Data supplied ::

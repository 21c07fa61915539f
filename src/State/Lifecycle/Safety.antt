-- ===== src/State/Lifecycle/Safety.antt =====
-- What `process` of src/mr_hide/state/lifecycle.py promises about the text that it returns.
use mr_hide.Prelude.{
  Bool-cases, Text, ℕ, ◌≡◌, refl, sym, ap, subst, ◌∙◌, ◌≢◌, ◌⊎◌, inl, inr, true, false, not, ◌&&◌,
  none, some, List, arith,
}
use mr_hide.Errors.{
  policy_mode_mismatch, privacy, vault, runtime, responses, messages, malformed, builtin, Result,
  err, ok, >>=-eq-ok, ok-injective, err≢ok, none≢some,
}
use mr_hide.Policy.{
  SubstitutionMode, PolicyAction, protect, restore_known, pass_through, conversation_bypass_active,
  PolicyDecision, same_mode,
}
use mr_hide.Privacy.Unicode.{Unicode}
use mr_hide.Privacy.Models.{DetectedSpan}
use mr_hide.Privacy.Mapping.{MappingTable}
use mr_hide.State.Models.{UuidLibrary, Identifier, parse_conversation_id, ConversationState}
use mr_hide.State.Store.{Files, and_then}
use mr_hide.State.Repository.{Codec}
use mr_hide.State.Lifecycle.{
  protected_status, bypassed_status, ConversationResult, blocked, Loaded, active, stopped, World,
  load_active, commit_text,
}
use mr_hide.State.Lifecycle.Process.{
  is_protect, rewritten, commit_rewritten, process_state, process_loaded, process,
}
use mr_hide.State.Lifecycle.Release.{continue-ok, Committed, commit_text-text}
use mr_hide.State.Lifecycle.Silent.{load_active-IsSilent}
use mr_hide.Privacy.Mapping.Transform.{TransformationResult, transform_text}
use mr_hide.Privacy.Mapping.Restore.{restore_text}
use mr_hide.Privacy.Scoring.{character_scorer}

module _ (u : Unicode) (ipv6 : ℕ → Text) (state : ConversationState) (t : Text)
    (detections : List DetectedSpan) (mode : SubstitutionMode) where
  -- What each action makes of the given text with the conversation's mappings: to protect is
  -- `transform_text`, to restore is `restore_text`, and to pass on changes nothing.
  abbrev pub Made : Text → MappingTable → PolicyAction → Type 0
  Made x mappings protect =
      (result : TransformationResult) × (transform_text u ipv6 character_scorer mode state.mappings
          t detections
        ≡ ok result)
      × (x ≡ result.text)
      × (mappings ≡ result.mappings)
  Made x mappings restore_known =
      (restore_text t state.mappings ≡ ok x) × (mappings ≡ state.mappings)
  Made x mappings pass_through = (x ≡ t) × (mappings ≡ state.mappings)

  rewritten-Made :
      (action : PolicyAction) {x : Text} {mappings : MappingTable}
      → rewritten u ipv6 state t detections action mode ≡ ok (x, mappings)
      → Made x mappings action
  unfolding rewritten
  rewritten-Made protect h =
      let (result, made, same) =
        >>=-eq-ok (transform_text u ipv6 character_scorer mode state.mappings t detections)
          (λ r. ok (r.text, r.mappings)) h in
      (
        result,
        made,
        ap (λ p. p.0) (ok-injective (sym same)),
        ap (λ p. p.1) (ok-injective (sym same)),
      )
  rewritten-Made restore_known {x} h =
      let (output, made, same) =
        >>=-eq-ok (restore_text t state.mappings) (λ output. ok (output, state.mappings)) h in
      (
        subst (λ y. restore_text t state.mappings ≡ ok y) (ap (λ p. p.0) (ok-injective same)) made,
        ap (λ p. p.1) (ok-injective (sym same)),
      )
  rewritten-Made pass_through h =
      (ap (λ p. p.0) (ok-injective (sym h)), ap (λ p. p.1) (ok-injective (sym h)))

module _ (u : Unicode) (ipv6 : ℕ → Text) (codec : Codec) (world : World) where
  -- The text that is returned is what the policy's action makes of the given text with the
  -- conversation's mappings, or the given text itself if the conversation is bypassed; and the next
  -- revision of the conversation, with all that this mapped, has been saved before.
  pub record Released (n : ℕ) (t : Text) (detections : List DetectedSpan)
      (decision : PolicyDecision) (x : Text) (state : ConversationState) (files after : Files)
      : Type 0 where
    pub mappings : MappingTable
    pub made :
        ((state.bypassed ≡ true) × (t ≡ x) × (mappings ≡ state.mappings))
        ⊎ ((state.bypassed ≡ false)
            × Made u ipv6 state t detections decision.substitution_mode x mappings decision.action
            × ((decision.action ≢ protect) ⊎ (decision.substitution_mode ≡ state.mode)))
    pub committed : Committed codec world state mappings files after

  module _ (n : ℕ) (t : Text) (detections : List DetectedSpan) (decision : PolicyDecision) where
    mode_agrees :
        (action : PolicyAction) (a b : SubstitutionMode)
        → (is_protect action && not (same_mode a b)) ≡ false
        → (action ≢ protect) ⊎ (a ≡ b)
    mode_agrees protect a b h = inr (ground arith)
    mode_agrees restore_known a b h = inl (λ e. cc)
    mode_agrees pass_through a b h = inl (λ e. cc)

    commit_rewritten-text :
        (state : ConversationState) (reply : Result (Text × MappingTable)) (files : Files)
        {r : ConversationResult} {x : Text}
        → (commit_rewritten u ipv6 codec world state n decision.warning_code reply files).1 ≡ ok r
        → r.text ≡ some x
        → (mappings : MappingTable) × (reply ≡ ok (x, mappings))
          × Committed codec world state mappings files
              (commit_rewritten u ipv6 codec world state n decision.warning_code reply files).0
    unfolding commit_rewritten
    commit_rewritten-text state (ok (output, mappings)) files h e =
        let (same, committed) =
          commit_text-text codec world state output (some mappings) protected_status
            decision.warning_code files h e in
        (mappings, ap (λ y. ok (y, mappings)) same, committed)
    commit_rewritten-text state (err (privacy reason)) files {r} {x} h e =
        absurd (none≢some (ap (λ q. q.text) (ok-injective h) ∙ e))
    commit_rewritten-text state (err (vault reason)) files h e = absurd (err≢ok h)
    commit_rewritten-text state (err (runtime reason)) files h e = absurd (err≢ok h)
    commit_rewritten-text state (err builtin) files h e = absurd (err≢ok h)
    commit_rewritten-text state (err (responses reason)) files h e = absurd (err≢ok h)
    commit_rewritten-text state (err (messages reason)) files h e = absurd (err≢ok h)
    commit_rewritten-text state (err malformed) files h e = absurd (err≢ok h)

    process_state-split :
        (state : ConversationState) (files : Files)
        → ((state.bypassed ≡ true)
            × (process_state u ipv6 codec world n t detections decision state files
                ≡ commit_text codec world state t none bypassed_status
                    (some conversation_bypass_active)
                    files))
          ⊎ ((process_state u ipv6 codec world n t detections decision state files
                ≡ (files, ok (blocked n policy_mode_mismatch)))
              ⊎ ((state.bypassed ≡ false)
                  × ((decision.action ≢ protect) ⊎ (decision.substitution_mode ≡ state.mode))
                  × (process_state u ipv6 codec world n t detections decision state files
                      ≡ commit_rewritten u ipv6 codec world state n decision.warning_code
                          (rewritten u ipv6 state t detections decision.action
                            decision.substitution_mode)
                          files)))
    unfolding process_state
    process_state-split state files = elim (Bool-cases state.bypassed) [
      | inl b ↦ inl (b, rw b refl)
      | inr b ↦
          inr
            (elim (Bool-cases (
              is_protect decision.action
              && not (same_mode decision.substitution_mode state.mode))) [
                | inl k ↦ inl (rw (b, k) refl)
                | inr k ↦ inr (
                  b,
                  mode_agrees decision.action decision.substitution_mode state.mode k,
                  rw (b, k) refl,
                )
              ])
    ]

    process_state-Released :
        (state : ConversationState) (files : Files) {r : ConversationResult} {x : Text}
        → (process_state u ipv6 codec world n t detections decision state files).1 ≡ ok r
        → r.text ≡ some x
        → Released n t detections decision x state files
            (process_state u ipv6 codec world n t detections decision state files).0
    process_state-Released state files {r} {x} h e = elim (process_state-split state files) [
      | inl (b, q) ↦
          let (same, committed) =
            commit_text-text codec world state t none bypassed_status
              (some conversation_bypass_active) files (sym (ap (λ m. m.1) q) ∙ h) e in
          record {
            mappings = state.mappings;
            made = inl (b, same, refl);
            committed =
                subst (λ m. Committed codec world state state.mappings files m.0) (sym q) committed;
          }
      | inr (inl q) ↦
          absurd (none≢some (ap (λ y. y.text) (ok-injective (sym (ap (λ m. m.1) q) ∙ h)) ∙ e))
      | inr (inr (b, agrees, q)) ↦
          let (mappings, made, committed) =
            commit_rewritten-text state
              (rewritten u ipv6 state t detections decision.action decision.substitution_mode) files
              (sym (ap (λ m. m.1) q) ∙ h) e in
          record {
            mappings = mappings;
            made = inr (
              b,
              rewritten-Made u ipv6 state t detections decision.substitution_mode decision.action
                  made,
              agrees,
            );
            committed =
                subst (λ m. Committed codec world state mappings files m.0) (sym q) committed;
          }
    ]

    -- If process returns text, for an identifier that can be read, then the conversation was
    -- loaded, and either it is bypassed and the text is the given one, or the text is what
    -- transform_text makes of the given text with the conversation's mappings, in its mode, if the
    -- action is to protect, what restore_text makes of it with these mappings if the action is to
    -- restore, and the given text if the action is to pass it on; and the next revision of what
    -- was loaded, with all that was mapped, has been saved in its place.
    pub process-Released :
        (library : UuidLibrary) (identifier : Identifier) (files : Files) {r : ConversationResult}
        {x : Text}
        → parse_conversation_id library identifier ≡ ok n
        → (process u ipv6 codec world library identifier t detections decision files).1 ≡ ok r
        → r.text ≡ some x
        → (state : ConversationState) × (found : Files) × (load_active codec world n files
            ≡ (found, ok (active state)))
          × Released n t detections decision x state found
              (process u ipv6 codec world library identifier t detections decision files).0
    process-Released library identifier files {r} {x} h k e =
        let m = load_active codec world n files in
        let (loaded, p, q) =
          continue-ok m (process_loaded u ipv6 codec world n t detections decision)
            (sym (ap (λ y. y.1) whole) ∙ k) in
        go loaded p (whole ∙ q)
      where
        whole :
            process u ipv6 codec world library identifier t detections decision files
            ≡ and_then
                (load_active codec world n)
                (process_loaded u ipv6 codec world n t detections decision)
                files
        whole = unfold process in (rw h refl)

        found : Files
        found = (load_active codec world n files).0

        outcome : Files × Result ConversationResult
        outcome = process u ipv6 codec world library identifier t detections decision files

        go :
            (loaded : Loaded)
            → (load_active codec world n files).1 ≡ ok loaded
            → outcome ≡ process_loaded u ipv6 codec world n t detections decision loaded found
            → (state : ConversationState) × (before : Files) × (load_active codec world n files
                ≡ (before, ok (active state)))
              × Released n t detections decision x state before outcome.0
        go (stopped a) p q =
            let same : ok a ≡ ok r = unfold process_loaded in (sym (ap (λ y. y.1) q) ∙ k) in
            absurd (
              none≢some (
                sym (load_active-IsSilent codec world n files a p)
                ∙ ap (λ y. y.text) (ok-injective same)
                ∙ e))
        go (active state) p q =
            let call : outcome
                ≡ process_state u ipv6 codec world n t detections decision state found =
              unfold process_loaded in q in
            (
              state,
              found,
              (ap (λ y. ((load_active codec world n files).0, y)) p),
              subst (λ y. Released n t detections decision x state found y.0) (sym call)
                  (process_state-Released state found (sym (ap (λ y. y.1) call) ∙ k) e),
            )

Exercise details :: From the material, report only how many lines include the word "where".

Response box :: 5